Subject: RE: Strategies for handling multiple e-mail systems and accounts?
From: "Will Husa" <will -dot- husa -at- 4techwriter -dot- com>
To: "'McLauchlan, Kevin'" <Kevin -dot- McLauchlan -at- safenet-inc -dot- com>
Date: Thu, 8 Jul 2010 17:57:37 -0500

You may consider having separate domains and email addresses for each
business that you're associated with. The logic here is to keep your
business accounts separate from each other and from your personal accounts.

In my situation, my wife and I run a few businesses out of one location. My
technical writing business is set up with its own domain with 1and1. I use
the domain name in my email address. I manage that account online or through
Outlook.

My photography/video business is set up with its own domain and email
address. I manage that account online or through Outlook Express.

My wife's embroidery business is set up with its own domain and email
address. She manages that account through Outlook Express.

Then there are the personal email addresses. I suppose that I could use just
one personal email address, but where is the sport in that?

=========================================
Will Husa
Technical Writer
Documentation that reduces calls to the Help Desk.
Phone: 708-927-3569
Website: www.4techwriter.com

-----Original Message-----
From: techwr-l-bounces+will -dot- husa=4techwriter -dot- com -at- lists -dot- techwr-l -dot- com
[mailto:techwr-l-bounces+will -dot- husa=4techwriter -dot- com -at- lists -dot- techwr-l -dot- com] On
Behalf Of McLauchlan, Kevin
Sent: Thursday, July 08, 2010 1:35 PM
To: Bill Swallow; Gene Kim-Eng
Cc: techwr-l -at- lists -dot- techwr-l -dot- com
Subject: RE: Strategies for handling multiple e-mail systems and accounts?

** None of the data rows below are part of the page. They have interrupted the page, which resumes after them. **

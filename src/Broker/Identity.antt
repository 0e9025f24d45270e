-- ===== src/Broker/Identity.antt =====
-- auth.py: the identity in the headers that the load balancer sends.
use relops_bootstrap.Prelude.{
  ℕ, ◌&&◌, not, Option, none, some, List, [], ◌∷◌, ◌++◌, Text, codes, text_eq, is_empty, lower,
  strip, ◌==◌, starts_with, skip, partition, if◌then◌else◌,
}

-- The headers of a request; one that is missing is empty.
pub record Headers : Type 0 where
  pub cert_present : Text
  pub chain_verified : Text
  pub cert_error : Text
  pub cert_leaf : Text
  pub serial_number : Text

-- A certificate as far as it is read: the URIs of its SubjectAltName, if it has that extension.
pub record Cert : Type 0 where
  pub uri_sans : Option (List Text)

-- base64, the parsers of certificates and `unquote` are libraries'; `none` is an exception.
pub record Parsers : Type 0 where
  pub b64decode : Text → Option (List ℕ)
  pub load_pem : List ℕ → Option Cert
  pub load_der : List ℕ → Option Cert
  pub unquote : Text → Text

pub record VerifiedIdentity : Type 0 where
  pub hostname : Text
  pub role : Text
  pub cert_serial : Text

-- `s.replace(c, "")` for a single character.
unfoldable pub remove : ℕ → Text → Text
remove x [] = []
remove x (c ∷ s) = let rest = remove x s in if c == x then rest else c ∷ rest

-- `leaf_header.strip().replace("\n", "").replace("\r", "")`
unfoldable pub cleaned : Text → Text
unfolding remove
cleaned s = remove 13 (remove 10 (strip s))

unfoldable pub or_der : Parsers → List ℕ → Option Cert → Option Cert
or_der ps bytes none = ps.load_der bytes
or_der ps bytes (some cert) = some cert

unfoldable pub load : Parsers → Option (List ℕ) → Option Cert
unfolding or_der
load ps none = none
load ps (some bytes) = or_der ps bytes (ps.load_pem bytes)

-- `_decode_leaf`; `none` is an `AuthError`.
unfoldable pub decode_leaf : Parsers → Text → Option Cert
unfolding cleaned load
decode_leaf ps header = load ps (ps.b64decode (cleaned header))

unfoldable pub spiffe_prefix : Text → Text
spiffe_prefix trust_domain = codes "spiffe://" ++ trust_domain ++ codes "/host/"

-- `if role_marker != "role" or not hostname or not role`
unfoldable pub check_parts : Text → Text → Text → Option (Text × Text)
check_parts hostname role_marker role =
    if text_eq role_marker (codes "role") && not (is_empty hostname) && not (is_empty role)
    then some (hostname, role)
    else none

-- The rest of `split("/", 2)`, after its first part.
unfoldable pub second_part : Text → Text × Option Text → Option (Text × Text)
unfolding check_parts
second_part hostname (marker, none) = none
second_part hostname (marker, some role) = check_parts hostname marker role

unfoldable pub first_part : Text × Option Text → Option (Text × Text)
unfolding second_part
first_part (hostname, none) = none
first_part (hostname, some rest) = second_part hostname (partition b'/' rest)

-- One URI of the loop: the host and the role in it, or `continue`.
unfoldable pub parse_uri : Text → Text → Option (Text × Text)
unfolding first_part
parse_uri prefix uri =
    if starts_with uri prefix then first_part (partition b'/' (skip uri prefix)) else none

unfoldable pub or_else : Option (Text × Text) → Option (Text × Text) → Option (Text × Text)
or_else none o = o
or_else (some p) o = some p

unfoldable pub first_identity : (Text → Text) → Text → List Text → Option (Text × Text)
unfolding parse_uri or_else
first_identity unquote prefix [] = none
first_identity unquote prefix (raw ∷ uris) =
    or_else (parse_uri prefix (unquote raw)) (first_identity unquote prefix uris)

unfoldable pub of_sans : (Text → Text) → Text → Option (List Text) → Option (Text × Text)
unfolding first_identity
of_sans unquote prefix none = none
of_sans unquote prefix (some uris) = first_identity unquote prefix uris

-- `_extract_spiffe`; `none` is an `AuthError`.
unfoldable pub extract_spiffe : Parsers → Cert → Text → Option (Text × Text)
unfolding of_sans spiffe_prefix
extract_spiffe ps cert trust_domain = of_sans ps.unquote (spiffe_prefix trust_domain) cert.uri_sans

-- `serial_number or "unknown"`
unfoldable pub serial_of : Text → Text
serial_of s = if is_empty s then codes "unknown" else s

unfoldable pub to_identity : Text → Option (Text × Text) → Option VerifiedIdentity
unfolding serial_of
to_identity serial none = none
to_identity serial (some (hostname, role)) =
    some (record { hostname = hostname; role = role; cert_serial = serial_of serial })

unfoldable pub identify : Parsers → Text → Text → Option Cert → Option VerifiedIdentity
unfolding extract_spiffe to_identity
identify ps trust_domain serial none = none
identify ps trust_domain serial (some cert) =
    to_identity serial (extract_spiffe ps cert trust_domain)

-- `verify_mtls_headers`; `none` is an `AuthError`.
unfoldable pub verify_mtls_headers : Parsers → Text → Headers → Option VerifiedIdentity
unfolding decode_leaf identify
verify_mtls_headers ps trust_domain h =
    if not (text_eq (lower h.cert_present) (codes "true"))
    then none
    else if not (text_eq (lower h.chain_verified) (codes "true"))
    then none
    else if is_empty h.cert_leaf
    then none
    else identify ps trust_domain h.serial_number (decode_leaf ps h.cert_leaf)
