-- ===== src/Broker/Identities.antt =====
-- What the parser of SPIFFE URIs reads: exactly the texts that are written from a host and a role.
use relops_bootstrap.Prelude.{
  ◌≡◌, refl, ap, ◌∙◌, true, false, ◌⊎◌, inl, inr, Option, none, some, ◌↔◌, List, [], ◌∷◌, ◌++◌,
  Text, codes, text_eq, text_eq→eq, is_empty, starts_with→eq, starts_with-append, skip, skip-append,
  partition, partition-split, partition-lacks, partition-append, lacks, if-some, if_else-some,
  arith,
}
use relops_bootstrap.Broker.Identity.{
  check_parts, second_part, first_part, parse_uri, or_else, first_identity,
}

-- `spiffe://<trust domain>/host/` is the prefix.
abbrev pub written : Text → Text → Text → Text
written prefix hostname role = prefix ++ (hostname ++ (b'/' ∷ (codes "role" ++ (b'/' ∷ role))))

-- The URI names the host, which has no slash, and the role; neither is empty.
pub record Names (prefix uri hostname role : Text) : Type 0 where
  pub is_written : uri ≡ written prefix hostname role
  pub has_host : is_empty hostname ≡ false
  pub has_role : is_empty role ≡ false
  pub plain : lacks b'/' hostname ≡ true

check_parts-some :
    (hostname marker role : Text) (q : Text × Text)
    → check_parts hostname marker role ≡ some q
    → (marker ≡ codes "role")
      × (is_empty hostname ≡ false)
      × (is_empty role ≡ false)
      × ((hostname, role) ≡ q)
unfolding check_parts
check_parts-some hostname marker role q e =
    let (t, same) = if-some e in
    (
      text_eq→eq marker (codes "role") (ground (arith, t)),
      ground (arith, t),
      ground (arith, t),
      same,
    )

second_part-some :
    (hostname : Text) (p : Text × Option Text) (q : Text × Text)
    → second_part hostname p ≡ some q
    → (role : Text) × (p.1 ≡ some role) × (check_parts hostname p.0 role ≡ some q)
unfolding second_part
second_part-some hostname (marker, none) q e = absurd (cc)
second_part-some hostname (marker, some role) q e = (role, refl, e)

first_part-some :
    (p : Text × Option Text) (q : Text × Text)
    → first_part p ≡ some q
    → (rest : Text) × (p.1 ≡ some rest) × (second_part p.0 (partition b'/' rest) ≡ some q)
unfolding first_part
first_part-some (hostname, none) q e = absurd (cc)
first_part-some (hostname, some rest) q e = (rest, refl, e)

pub parse_uri-Names :
    (prefix uri : Text) (q : Text × Text) → parse_uri prefix uri ≡ some q → Names prefix uri q.0 q.1
unfolding parse_uri
parse_uri-Names prefix uri q e =
    let (starts, found) = if_else-some e in
    let rest = skip uri prefix in
    let (after, split, e') = first_part-some (partition b'/' rest) q found in
    let (role, split', e'') =
      second_part-some (partition b'/' rest).0 (partition b'/' after) q e' in
    let (marked, has_host, has_role, same) =
      check_parts-some (partition b'/' rest).0 (partition b'/' after).0 role q e'' in
    rw (← same) (record {
      is_written =
          starts_with→eq uri prefix starts
          ∙ ap (λ t. prefix ++ t)
              (partition-split b'/' rest after split
                ∙ ap (λ t. (partition b'/' rest).0 ++ (b'/' ∷ t))
                    (partition-split b'/' after role split' ∙ ap (λ t. t ++ (b'/' ∷ role)) marked));
      has_host = has_host;
      has_role = has_role;
      plain = partition-lacks b'/' rest;
    })

-- A URI that is written from a host without a slash and a role, neither of them empty, is parsed to
-- that host and that role; and a text that is parsed is written from what it is parsed to, which is
-- such a host and such a role.
pub parse_uri_iff :
    (prefix uri hostname role : Text)
    → (parse_uri prefix uri ≡ some (hostname, role)) ↔ Names prefix uri hostname role
unfolding parse_uri first_part second_part check_parts text_eq
parse_uri_iff prefix uri hostname role = (
  parse_uri-Names prefix uri (hostname, role),
  λ n.
      rw
        (
          n.is_written,
          starts_with-append prefix (hostname ++ (b'/' ∷ (codes "role" ++ (b'/' ∷ role)))),
          skip-append prefix (hostname ++ (b'/' ∷ (codes "role" ++ (b'/' ∷ role)))),
          partition-append b'/' hostname (codes "role" ++ (b'/' ∷ role)) n.plain,
          partition-append b'/' (codes "role") role refl,
          n.has_host,
          n.has_role,
        )
        refl,
)

-- One of a list.
pub data Among (raw : Text) : List Text → Type 0 where
  first : {raws : List Text} → Among raw (raw ∷ raws)
  later : {other : Text} {raws : List Text} → Among raw raws → Among raw (other ∷ raws)

or_else-some :
    (o p : Option (Text × Text)) (q : Text × Text)
    → or_else o p ≡ some q
    → (o ≡ some q) ⊎ (p ≡ some q)
unfolding or_else
or_else-some none p q e = inr e
or_else-some (some o) p q e = inl e

pub first_identity-Among :
    (unquote : Text → Text) (prefix : Text) (raws : List Text) (q : Text × Text)
    → first_identity unquote prefix raws ≡ some q
    → (raw : Text) × Among raw raws × Names prefix (unquote raw) q.0 q.1
unfolding first_identity
first_identity-Among unquote prefix [] q e = absurd (cc)
first_identity-Among unquote prefix (raw ∷ raws) q e =
    elim (or_else-some (parse_uri prefix (unquote raw)) (first_identity unquote prefix raws) q e) [
      | inl here ↦ (raw, first, parse_uri-Names prefix (unquote raw) q here)
      | inr rest ↦
          let (found, there, n) = first_identity-Among unquote prefix raws q rest in
          (found, later there, n)
    ]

I was figuring on a separate domain per business/venture.
Match the domain name as closely as possible to the website
name, to the corporate or "operating-as" name.

But clue me in on how the hosting and portability work.
If I get a domain via (say) 1and1 or Yola or whatever,
and next year I decide to switch to GoDaddy, that's the
domain hosting switched. But where's all my mail? On a
1+1 IMAP server?

I haven't used Outlook Express in 14 years, but mail
at my day-job employer is Exchange Server, accessed by
Outlook (not Express) on our desktops. Being in the
relative boonies (relative to head office), we have
primary stuff IMAP'd, but are _strongly encouraged_
to keep the server-side stuff svelte and trim, moving
and saving everything to local folders. However, that
mostly has meant 25 "folders" in the mailbox, but existing
inside a single honkin'-big .PST file that we must each
remember to retire every half year or so.

Every day or so, I amaze myself with the kinds of stuff
where I have theoretical grasp, and maybe some ancient
experience, but no practice and no handle on the nitty-gritty
because I've never had cause to do so. This'd be one.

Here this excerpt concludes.